* _Aim of the exercise_: Go through the records below line by line. Count the lines with "distinct" and give the count alone.

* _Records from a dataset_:
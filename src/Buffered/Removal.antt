-- ===== src/Buffered/Removal.antt =====
-- `remove_listener` on a list of distinct pointers, in closed form.
use libcoda_net.Base.{
  is_empty, ℕ, false, Option, none, some, List, [], ◌∷◌, ◌++◌, append-nil, map, ◌≡◌, ◌∙◌, refl, sym,
  ap, arith, if◌then◌else◌, length, Bool-cases, inl, inr,
}
use libcoda_net.Buffered.{Buffered, Hook, call_all, notify}
use libcoda_net.Buffered.Listeners.{
  same_pointer, find, kept, vacated, drop_first, remove, remove_listener, same_pointer_self,
}

call_all_null : (h : Hook) (xs ys : List (Option ℕ)) → call_all h (xs ++ (none ∷ ys)) ≡ none
unfolding call_all
call_all_null h [] ys = refl
call_all_null h (none ∷ xs) ys = refl
call_all_null h (some l ∷ xs) ys = rw (call_all_null h xs ys)

kept-miss : (l : Option ℕ) (ls : List (Option ℕ)) → find l ls ≡ false → kept l ls ≡ ls
unfolding find kept
kept-miss l [] h = refl
kept-miss l (x ∷ ls) h = ground (arith, kept-miss l ls)

kept-append : (l : Option ℕ) (xs ys : List (Option ℕ)) → kept l (xs ++ ys) ≡ kept l xs ++ kept l ys
unfolding kept
kept-append l [] ys = refl
kept-append l (x ∷ xs) ys = ground (arith, kept-append l xs ys)

drop_first-append :
    (f : Option ℕ → Option ℕ) (xs ys zs : List (Option ℕ))
    → drop_first (length (xs ++ ys)) (map f (xs ++ zs)) ≡ drop_first (length ys) (map f zs)
unfolding drop_first
drop_first-append f [] ys zs = refl
drop_first-append f (x ∷ xs) ys zs = drop_first-append f xs ys zs

drop_first-null :
    (l : Option ℕ) (ls : List (Option ℕ))
    → find l ls ≡ false
    → drop_first (length ls) (none ∷ map (vacated l) ls) ≡ none ∷ []
unfolding drop_first find
drop_first-null l [] h = refl
drop_first-null l (x ∷ ls) h = elim (Bool-cases (same_pointer x l)) [
  | inl hit ↦ cc (rw hit at h)
  | inr miss ↦ rw miss (drop_first-null l ls (rw miss at h))
]

drop_first-vacated :
    (l x : Option ℕ) (ls : List (Option ℕ))
    → find l (x ∷ ls) ≡ false
    → drop_first (length ls) (map (vacated l) (x ∷ ls)) ≡ none ∷ []
unfolding find
drop_first-vacated l x ls h = elim (Bool-cases (same_pointer x l)) [
  | inl hit ↦ cc (rw hit at h)
  | inr miss ↦ rw miss (drop_first-null l ls (rw miss at h))
]

kept-hit :
    (l : ℕ) (before after : List (Option ℕ))
    → find (some l) before ≡ false
    → find (some l) after ≡ false
    → kept (some l) (before ++ (some l ∷ after)) ≡ before ++ after
kept-hit l before after hb ha =
    kept-append (some l) before (some l ∷ after)
    ∙ rw (kept-miss (some l) before hb)
        (unfold kept in rw (same_pointer_self l, kept) (rw (kept-miss (some l) after ha)))

remove-hit :
    (l : ℕ) (before after : List (Option ℕ))
    → find (some l) before ≡ false
    → find (some l) after ≡ false
    → remove (some l) (before ++ (some l ∷ after))
      ≡ (before ++ after) ++ drop_first (length after) (some l ∷ map (vacated (some l)) after)
unfolding remove
remove-hit l before after hb ha =
    rw
      (
        kept-hit l before after hb ha,
        drop_first-append (vacated (some l)) before after (some l ∷ after),
      )
      (rw (same_pointer_self l))

-- Removing a listener that is in a list of distinct pointers leaves as many pointers as there were:
-- the others, in order, and behind them the listener itself, if it was the last, and else a null
-- pointer, which the next notification calls.
pub remove_listener_stays :
    (l : ℕ) (before after : List (Option ℕ)) (b : Buffered) (h : Hook)
    → b.listeners ≡ before ++ (some l ∷ after)
    → find (some l) before ≡ false
    → find (some l) after ≡ false
    → ((remove_listener (some l) b).listeners
        ≡ (before ++ after) ++ ((if is_empty after then some l else none) ∷ []))
      × (notify h (remove_listener (some l) b) ≡ (if is_empty after then notify h b else none))
unfolding remove_listener
remove_listener_stays l before [] b h e hb ha = (
  removed ∙ ap (λ ls. ls ++ (some l ∷ [])) (sym (append-nil before)),
  ap (λ ls. notify h (record b { listeners = ls })) (removed ∙ sym e),
)
  where
    removed : remove (some l) b.listeners ≡ before ++ (some l ∷ [])
    removed = rw e (rw (remove-hit l before [] hb ha) (unfold drop_first in rw (append-nil before)))
remove_listener_stays l before (x ∷ after) b h e hb ha = (removed, nulled)
  where
    removed : remove (some l) b.listeners ≡ (before ++ (x ∷ after)) ++ (none ∷ [])
    removed = rw e (
        rw (remove-hit l before (x ∷ after) hb ha) (
          unfold drop_first in
          ap (◌++◌ (before ++ (x ∷ after))) (drop_first-vacated (some l) x after ha)))

    nulled : notify h (record b { listeners = remove (some l) b.listeners }) ≡ none
    nulled = rw removed (unfold notify in rw (call_all_null h (before ++ (x ∷ after)) [], notify))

* _Response area_: 2